I think a good approximation would be to compute the center of mass using weighted cartesian coordinates and projecting the result onto the sphere (supposing the origin of coordinates is (0, 0, 0)^T).
Let be (p[0], p[1], ... p[n-1]) the n points of the polygon. The approximative (cartesian) centroid can be computed by:
c = 1 / w * (sum of w[i] * p[i])
whereas w is the sum of all weights and whereas p[i] is a polygon point and w[i] is a weight for that point, e.g.
w[i] = |p[i] - p[(i - 1 + n) % n]| / 2 + |p[i] - p[(i + 1) % n]| / 2
whereas |x| is the length of a vector x.
I.e. a point is weighted with half the length to the previous and half the length to the next polygon point.

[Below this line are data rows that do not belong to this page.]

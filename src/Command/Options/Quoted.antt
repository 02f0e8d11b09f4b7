-- ===== src/Command/Options/Quoted.antt =====
-- `splitOptions` gives back the options of a list in which they may be quoted.
use remote_s3_bucket_plugin.Table.{Text}
use remote_s3_bucket_plugin.Config.Source.{contains_any}
use remote_s3_bucket_plugin.Cache.Rows.{self_id}
use remote_s3_bucket_plugin.Command.Options.{is_quote, split_from, split_options}
use remote_s3_bucket_plugin.Prelude.{
  ℕ, ◌≡◌, refl, sym, ap, ◌∙◌, inl, inr, Bool, true, false, ◌||◌, Option, none, some, List, [], ◌∷◌,
  ◌++◌, arith, ◌==◌, Bool-cases, set, append_assoc, append_nil,
}

-- An option as it is, or between two quotes.
abbrev pub render : Option ℕ → Text → Text
render none o = o
render (some q) o = q ∷ o ++ q ∷ []

unfoldable pub is_special : ℕ → Bool
is_special c = is_quote c || c == 44

-- An option without quotes and commas may stand as it is, one without the quote between quotes.
unfoldable pub Renders : Option ℕ → Text → Type 0
unfolding is_special is_quote
Renders none o = contains_any is_special o ≡ false
Renders (some q) o = (is_quote q ≡ true) × (contains_any (λ c. c == q) o ≡ false)

-- The options with commas between them.
unfoldable pub join_options : List (Option ℕ × Text) → Text
join_options [] = []
join_options ((q, o) ∷ []) = render q o
join_options ((q, o) ∷ p ∷ ps) = render q o ++ 44 ∷ join_options (p ∷ ps)

unfoldable pub AllRender : List (Option ℕ × Text) → Type 0
unfolding Renders
AllRender [] = Unit
AllRender ((q, o) ∷ ps) = Renders q o × AllRender ps

plain_byte :
    (c : ℕ) (cur s : Text)
    → is_special c ≡ false
    → split_from 0 cur (c ∷ s) ≡ split_from 0 (cur ++ c ∷ []) s
unfolding split_from is_special
plain_byte c cur s h = elim (Bool-cases (is_quote c)) [
  | inl bad ↦ let clash : true ≡ false = rw bad at h in cc
  | inr other ↦ let plain : (c == 44) ≡ false = rw other at h in rw (other, plain) refl
]

quoted_byte :
    (q c : ℕ) (cur s : Text)
    → (q == 0) ≡ false
    → (c == q) ≡ false
    → split_from q cur (c ∷ s) ≡ split_from q (cur ++ c ∷ []) s
unfolding split_from
quoted_byte q c cur s h other = rw (h, other) refl

shift :
    (q : ℕ) (cur o s : Text) (c : ℕ)
    → split_from q ((cur ++ c ∷ []) ++ o) s ≡ split_from q (cur ++ c ∷ o) s
shift q cur o s c = ap (λ t. split_from q t s) (append_assoc cur (c ∷ []) o)

split-bare :
    (o cur rest : Text)
    → contains_any is_special o ≡ false
    → split_from 0 cur (o ++ rest) ≡ split_from 0 (cur ++ o) rest
unfolding contains_any
split-bare [] cur rest h = ap (λ t. split_from 0 t rest) (sym (append_nil cur))
split-bare (c ∷ o) cur rest h = elim (Bool-cases (is_special c)) [
  | inl bad ↦ let clash : true ≡ false = rw bad at h in cc
  | inr plain ↦
      plain_byte c cur (o ++ rest) plain
      ∙ split-bare o (cur ++ c ∷ []) rest (rw plain at h)
      ∙ shift 0 cur o rest c
]

split-quoted :
    (q : ℕ) (o cur rest : Text)
    → (q == 0) ≡ false
    → contains_any (λ c. c == q) o ≡ false
    → split_from q cur (o ++ rest) ≡ split_from q (cur ++ o) rest
unfolding contains_any
split-quoted q [] cur rest set h = ap (λ t. split_from q t rest) (sym (append_nil cur))
split-quoted q (c ∷ o) cur rest set h = elim (Bool-cases (c == q)) [
  | inl bad ↦ let clash : true ≡ false = rw bad at h in cc
  | inr plain ↦
      quoted_byte q c cur (o ++ rest) set plain
      ∙ split-quoted q o (cur ++ c ∷ []) rest set (rw plain at h)
      ∙ shift q cur o rest c
]

opens_quote : (q : ℕ) (s : Text) → is_quote q ≡ true → split_from 0 [] (q ∷ s) ≡ split_from q [] s
unfolding split_from
opens_quote q s h = rw h refl

ends_quote :
    (q : ℕ) (cur s : Text) → (q == 0) ≡ false → split_from q cur (q ∷ s) ≡ split_from 0 cur s
unfolding split_from
ends_quote q cur s set = rw (set, self_id q) refl

quote_is_set : (q : ℕ) → is_quote q ≡ true → (q == 0) ≡ false
unfolding is_quote
quote_is_set q h = ground arith

split-render :
    (q : Option ℕ) (o rest : Text)
    → Renders q o
    → split_from 0 [] (render q o ++ rest) ≡ split_from 0 o rest
unfolding Renders
split-render none o rest h = split-bare o [] rest h
split-render (some q) o rest (quote, free) =
    let set = quote_is_set q quote in
    ap (λ t. split_from 0 [] (q ∷ t)) (append_assoc o (q ∷ []) rest)
    ∙ opens_quote q (o ++ q ∷ rest) quote
    ∙ split-quoted q o [] (q ∷ rest) set free
    ∙ ends_quote q o rest set

unfoldable pub contents : List (Option ℕ × Text) → List Text
contents [] = []
contents ((q, o) ∷ ps) = o ∷ contents ps

split-end : (o : Text) → split_from 0 o [] ≡ o ∷ []
unfolding split_from
split-end o = refl

split-comma : (o s : Text) → split_from 0 o (44 ∷ s) ≡ o ∷ split_from 0 [] s
unfolding split_from is_quote
split-comma o s = refl

-- Options joined by commas, each as it is where it has no quote and no comma, or between quotes of
-- a kind that it does not have, are what `splitOptions` gives back, if there is an option at all.
pub split_options-join :
    (p : Option ℕ × Text) (ps : List (Option ℕ × Text))
    → AllRender (p ∷ ps)
    → split_options (join_options (p ∷ ps)) ≡ contents (p ∷ ps)
unfolding split_options join_options AllRender contents
split_options-join (q, o) [] (h, _) =
    ap (split_from 0 []) (sym (append_nil (render q o))) ∙ split-render q o [] h ∙ split-end o
split_options-join (q, o) (p ∷ ps) (h, hs) =
    split-render q o (44 ∷ join_options (p ∷ ps)) h
    ∙ split-comma o (join_options (p ∷ ps))
    ∙ ap (λ rest. o ∷ rest) (split_options-join p ps hs)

This centroid c can now projected onto the sphere by:
c' = r * c / |c|
whereas r is the radius of the sphere.
To consider orientation of polygon (ccw, cw) the result may be
c' = - r * c / |c|.
Sorry I (as a newly registered user) had to write a new post instead of just voting/commenting on the above answer by Don Hatch. Don's answer, I think, is the best and most elegant. It is mathematically rigorous in computing the center of mass (first moment of mass) in a simple way when applying to the spherical polygon.
Kobe John's answer is a good approximation but only satisfactory for smaller areas. I also noticed a few glitches in the code. Firstly, the reference point should be projected to the spherical surface to compute the actual spherical area. Secondly, function points_are_equivalent() might need to be refined to avoid divided-by-zero.

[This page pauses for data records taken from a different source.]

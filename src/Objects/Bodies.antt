-- ===== src/Objects/Bodies.antt =====
-- internal/s3io/s3io.go: `GetRange`, `GetAll`, `Put` and `Exists`, `mapError` and the counters of
-- requests. What the SDK answers to a request is an argument.
pub mod Ranges
use remote_s3_bucket_plugin.Table.{Text}
use remote_s3_bucket_plugin.Decimal.{format_uint}
use remote_s3_bucket_plugin.Attrs.Meta.{Meta, Object}
use remote_s3_bucket_plugin.Entry.{Error, not_found, Fetched, Outcome, done, failed}
use remote_s3_bucket_plugin.Table.Laws.{any_eq}
use remote_s3_bucket_plugin.Objects.{Page}
use remote_s3_bucket_plugin.Config.Source.{is_empty}
use remote_s3_bucket_plugin.Config.Settings.{Settings}
use remote_s3_bucket_plugin.Prelude.{
  ℕ, ◌+◌, ◌-◌, Bool, true, false, not, ◌||◌, Option, none, some, List, [], ◌∷◌, ◌++◌, ◌==◌,
  if◌then◌else◌, length, set, codes, leb_ℤ, ℤ, pos,
}

pub record S3Stats : Type 0 where
  pub heads : ℕ
  pub lists : ℕ
  pub gets : ℕ
  pub puts : ℕ
  pub copies : ℕ
  pub deletes : ℕ
  pub errors : ℕ
  pub bytes_down : ℕ
  pub bytes_up : ℕ

-- An error of the SDK: one of its two types for a missing key, an error with a code, or another.
pub data ApiError : Type 0 where
  no_such_key missing_key : ApiError
  with_code : Text → Error → ApiError
  other_error : Error → ApiError

unfoldable pub is_not_found : ApiError → Bool
unfolding any_eq
is_not_found no_such_key = true
is_not_found missing_key = true
is_not_found (with_code code err) =
    any_eq code (codes "NoSuchKey" ∷ codes "NotFound" ∷ codes "404" ∷ [])
is_not_found (other_error err) = false

abbrev pub error_of : ApiError → Error
error_of no_such_key = not_found
error_of missing_key = not_found
error_of (with_code code err) = err
error_of (other_error err) = err

unfoldable pub map_error : ApiError → S3Stats → Error × S3Stats
unfolding is_not_found
map_error err st =
    if is_not_found err
    then (not_found, st)
    else (error_of err, record st { errors = st.errors + 1 })

-- What `GetObject` answers: an error, or a body, which may break off with an error.
pub data GetAnswer : Type 0 where
  denied : ApiError → GetAnswer
  streamed : List ℕ → Option Error → GetAnswer

-- `bytes=%d-%d`.
unfoldable pub range_header : ℕ → ℕ → Text
unfolding format_uint
range_header first last = codes "bytes=" ++ (format_uint first ++ 45 ∷ format_uint last)

-- The answers to `GetObject` by key and range.
abbrev pub GetObject : Type 0
GetObject = Text → Option Text → GetAnswer

abbrev pub count_get : S3Stats → S3Stats
count_get st = record st { gets = st.gets + 1 }

-- `io.Copy` passes on what it reads before an error.
unfoldable pub copied : GetAnswer → S3Stats → Fetched × S3Stats
unfolding map_error
copied (denied err) st =
    let (e, st') = map_error err st in (record { body = []; got = 0; failed = some e }, st')
copied (streamed body none) st = (
  record { body = body; got = length body; failed = none },
  record st { bytes_down = st.bytes_down + length body },
)
copied (streamed body (some err)) st = (
  record { body = body; got = length body; failed = some err },
  record st { bytes_down = st.bytes_down + length body; errors = st.errors + 1 },
)

unfoldable pub get_range : GetObject → S3Stats → Text → ℕ → ℕ → Fetched × S3Stats
unfolding range_header copied
get_range get st key off n =
    let fetched = copied (get key (some (range_header off (off + n - 1)))) (count_get st) in
    if n == 0 then (record { body = []; got = 0; failed = none }, st) else fetched

-- `ReadAll`.
unfoldable pub read_all : GetAnswer → S3Stats → Outcome (List ℕ) × S3Stats
unfolding map_error
read_all (denied err) st = let (e, st') = map_error err st in (failed e, st')
read_all (streamed body none) st =
    (done body, record st { bytes_down = st.bytes_down + length body })
read_all (streamed body (some err)) st =
    (failed err, record st { bytes_down = st.bytes_down + length body })

unfoldable pub get_all : GetObject → S3Stats → Text → Outcome (List ℕ) × S3Stats
unfolding read_all
get_all get st key = read_all (get key none) (count_get st)

-- What `ListObjectsV2` answers for one key at most.
pub data OnePage : Type 0 where
  no_page : ApiError → OnePage
  one_page : Page → OnePage

abbrev pub none_in {ℓ} : {A : Type ℓ} → List A → Bool
none_in [] = true
none_in (x ∷ xs) = false

unfoldable pub exists : OnePage → S3Stats → Outcome Bool × S3Stats
unfolding map_error
exists (no_page err) st =
    let (e, st') = map_error err (record st { lists = st.lists + 1 }) in (failed e, st')
exists (one_page p) st = (
  done (not (none_in p.contents) || not (none_in p.common_prefixes)),
  record st { lists = st.lists + 1 },
)

-- A request to store an object; an option that is not set is left to the SDK.
pub record PutRequest : Type 0 where
  pub key : Text
  pub body : List ℕ
  pub meta : Meta
  pub content_type : Option Text
  pub storage_class : Option Text
  pub sse : Option Text
  pub kms_key_id : Option Text
  pub acl : Option Text
  pub part_size : Option ℤ
  pub concurrency : Option ℕ

unfoldable pub if_set : Text → Option Text
if_set s = if is_empty s then none else some s

-- With the part size of a body below the threshold, which is sent in one piece.
unfoldable pub put_request : Settings → Text → List ℕ → ℕ → Meta → Text → PutRequest
unfolding if_set
put_request g key body size meta content_type =
    let small = not (leb_ℤ g.multipart_threshold (pos size)) in
    record {
      key = key;
      body = body;
      meta = meta;
      content_type = if_set content_type;
      storage_class = if_set g.storage_class;
      sse = if_set g.sse;
      kms_key_id = if_set g.kms_key_id;
      acl = if_set g.acl;
      part_size = if small then some g.part_size else none;
      concurrency = if small then some 1 else none;
    }

-- What the uploader answers: an error, or an ETag that may be missing.
pub data PutAnswer : Type 0 where
  not_stored : ApiError → PutAnswer
  kept : Option Text → PutAnswer

abbrev pub text_or_empty : Option Text → Text
text_or_empty none = []
text_or_empty (some s) = s

unfoldable pub stored_object : Text → ℕ → ℕ → Meta → PutAnswer → S3Stats → Outcome Object × S3Stats
unfolding map_error
stored_object key size now meta (not_stored err) st =
    let (e, st') = map_error err st in (failed e, st')
stored_object key size now meta (kept etag) st = (
  done (record { key = key; size = size; etag = text_or_empty etag; modified = now; meta = meta }),
  record st { bytes_up = st.bytes_up + size },
)

unfoldable pub put :
    (PutRequest → PutAnswer)
    → Settings
    → S3Stats
    → ℕ
    → Text
    → List ℕ
    → ℕ
    → Meta
    → Text
    → Outcome Object × S3Stats
unfolding put_request stored_object
put send g st now key body size meta content_type =
    stored_object key size now meta (send (put_request g key body size meta content_type))
      (record st { puts = st.puts + 1 })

The approximation error in Kobe's method lies in the calculation of the centroid of spherical triangles. The sub-centroid is NOT the center of mass of the spherical triangle but the planar one. This is not an issue if one is to determine that single triangle (sign may flip, see below). It is also not an issue if triangles are small (e.g. a dense triangulation of the polygon).
A few simple tests could illustrate the approximation error. For example if we use just four points:
10 -20
10 20
-10 20
-10 -20
The exact answer is (1,0,0) and both methods are good. But if you throw in a few more points along one edge (e.g. add {10,-15},{10,-10}... to the first edge), you'll see the results from Kobe's method start to shift. Further more, if you increase the longitude from [10,-10] to [100,-100], you'll see Kobe's result flips the direction. A possible improvement might be to add another level(s) for sub-centroid calculation (basically refine/reduce sizes of triangles).

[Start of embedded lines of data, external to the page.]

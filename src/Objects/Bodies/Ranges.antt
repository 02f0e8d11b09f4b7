-- ===== src/Objects/Bodies/Ranges.antt =====
-- A client whose bucket answers ranged requests is a source of blocks for the cache.
use remote_s3_bucket_plugin.Table.{Text}
use remote_s3_bucket_plugin.Decimal.{format_uint}
use remote_s3_bucket_plugin.Table.Laws.{some_ne_none}
use remote_s3_bucket_plugin.Entry.{Options, Fetched}
use remote_s3_bucket_plugin.Entry.View.{Serves}
use remote_s3_bucket_plugin.Objects.Bodies.{
  S3Stats, GetAnswer, denied, streamed, range_header, GetObject, count_get, copied, get_range,
}
use remote_s3_bucket_plugin.Prelude.{
  ℕ, zero, suc, ◌+◌, ◌-◌, ◌≤◌, ◌<◌, ◌≡◌, refl, sym, ap, ◌∙◌, subst, false, none, some, List, [],
  ◌∷◌, ◌++◌, codes, arith, ◌==◌, length, get_or,
}

-- What S3 promises of a body for `n` bytes from `off` on: no more bytes than asked for, and those of
-- the object.
unfoldable pub IsRange : (ℕ → ℕ) → ℕ → ℕ → GetAnswer → Type 0
IsRange remote off n (denied err) = Unit
IsRange remote off n (streamed body err) =
    (length body ≤ n) × ((k : ℕ) → k < length body → get_or body k 0 ≡ remote (off + k))

module _ (remote : ℕ → ℕ) (off n : ℕ) where
  copied-bounded :
      (a : GetAnswer) (st : S3Stats) → IsRange remote off n a → length (copied a st).0.body ≤ n
  unfolding copied IsRange
  copied-bounded (denied err) st h = omega arith
  copied-bounded (streamed body none) st (few, _) = few
  copied-bounded (streamed body (some err)) st (few, _) = few

  copied-whole :
      (a : GetAnswer) (st : S3Stats)
      → IsRange remote off n a
      → (copied a st).0.failed ≡ none
      → (copied a st).0.got ≡ n
      → (length (copied a st).0.body ≡ n)
        × ((k : ℕ) → k < n → get_or (copied a st).0.body k 0 ≡ remote (off + k))
  unfolding copied IsRange
  copied-whole (denied err) st h fine all = absurd (some_ne_none fine)
  copied-whole (streamed body none) st (few, same) fine all = (all, λ k h. same k (omega arith))
  copied-whole (streamed body (some err)) st h fine all = absurd (some_ne_none fine)

module _ (get : GetObject) (st : S3Stats) (key : Text) where
  get_range-empty :
      (off : ℕ) → (get_range get st key off 0).0 ≡ record { body = []; got = 0; failed = none }
  unfolding get_range
  get_range-empty off = refl

  get_range-copied :
      (off n : ℕ)
      → (get_range get st key off (suc n)).0
        ≡ (copied (get key (some (range_header off (off + suc n - 1)))) (count_get st)).0
  unfolding get_range
  get_range-copied off n = rw (get_range, suc_is_set n) refl
    where
      suc_is_set : (n : ℕ) → (suc n == 0) ≡ false
      suc_is_set n = ground arith

-- What `Serves` asks of the blocks that a cache fetches.
record IsServed (remote : ℕ → ℕ) (off n : ℕ) (f : Fetched) : Type 0 where
  bounded : length f.body ≤ n
  whole :
      f.failed ≡ none
      → f.got ≡ n
      → (length f.body ≡ n) × ((k : ℕ) → k < n → get_or f.body k 0 ≡ remote (off + k))

-- How RFC 9110 writes a range of bytes, the last one included.
abbrev pub bytes_from : ℕ → ℕ → Text
bytes_from first last = codes "bytes=" ++ (format_uint first ++ 45 ∷ format_uint last)

header_lem : (first last : ℕ) → range_header first last ≡ bytes_from first last
unfolding range_header
header_lem first last = refl

-- An answer of `n` bytes that does not break off is passed on.
copied_all :
    (a : GetAnswer) (st : S3Stats) (body : List ℕ)
    → a ≡ streamed body none
    → (copied a st).0 ≡ record { body = body; got = length body; failed = none }
unfolding copied
copied_all a st body h = ap (λ x. (copied x st).0) h

module _ (remote : ℕ → ℕ) (get : GetObject) (st : S3Stats) (key : Text)
    (ranges : (off n : ℕ)
      → 0 < n
      → IsRange remote off n (get key (some (bytes_from off (off + n - 1))))) where
  get_range-IsServed : (off n : ℕ) → IsServed remote off n (get_range get st key off n).0
  get_range-IsServed off zero =
      subst (IsServed remote off 0) (sym (get_range-empty get st key off))
        (record { bounded = omega arith; whole = λ fine all. (refl, λ k h. elim h [ ]) })
  get_range-IsServed off (suc n) =
      let a = get key (some (range_header off (off + suc n - 1))) in
      let h : IsRange remote off (suc n) a =
        subst (λ t. IsRange remote off (suc n) (get key (some t)))
          (sym (header_lem off (off + suc n - 1))) (ranges off (suc n) (omega arith)) in
      subst (IsServed remote off (suc n)) (sym (get_range-copied get st key off n)) (record {
        bounded = copied-bounded remote off (suc n) a (count_get st) h;
        whole = copied-whole remote off (suc n) a (count_get st) h;
      })

  get_range-passed :
      (off n : ℕ) (body : List ℕ)
      → 0 < n
      → get key (some (bytes_from off (off + n - 1))) ≡ streamed body none
      → (get_range get st key off n).0 ≡ record { body = body; got = length body; failed = none }
  get_range-passed off zero body h answer = absurd (omega arith)
  get_range-passed off (suc n) body h answer =
      get_range-copied get st key off n
      ∙ copied_all _ (count_get st) body
          (ap (λ t. get key (some t)) (header_lem off (off + suc n - 1)) ∙ answer)

  -- Where S3 answers a GET with the header `bytes=first-last` with an error, or with no more bytes
  -- than asked for that are those of that part of the object, `GetRange` is what the cache relies on
  -- to fetch its blocks: what it reports as read without an error is the part of the object that was
  -- asked for. A body that does not break off is passed on whole and without an error.
  pub get_range-Serves :
      (o : Options)
      → Serves (record o { fetch = λ k off n. (get_range get st k off n).0 }) key remote
        × ((off n : ℕ) (body : List ℕ)
            → 0 < n
            → get key (some (bytes_from off (off + n - 1))) ≡ streamed body none
            → (get_range get st key off n).0
              ≡ record { body = body; got = length body; failed = none })
  get_range-Serves o = (
    record {
      bounded = λ off n. (get_range-IsServed off n).bounded;
      whole = λ off n. (get_range-IsServed off n).whole;
    },
    get_range-passed,
  )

For our application, the spherical area boundary is composed of multiple arcs and thus not polygon (i.e. the arc is not part of great circle). But this will just be a little more work to find the n-vector in the curve integration.
EDIT: Replacing the subcentroid calculation with the one given in Brock's paper should fix Kobe's method. But I did not try though.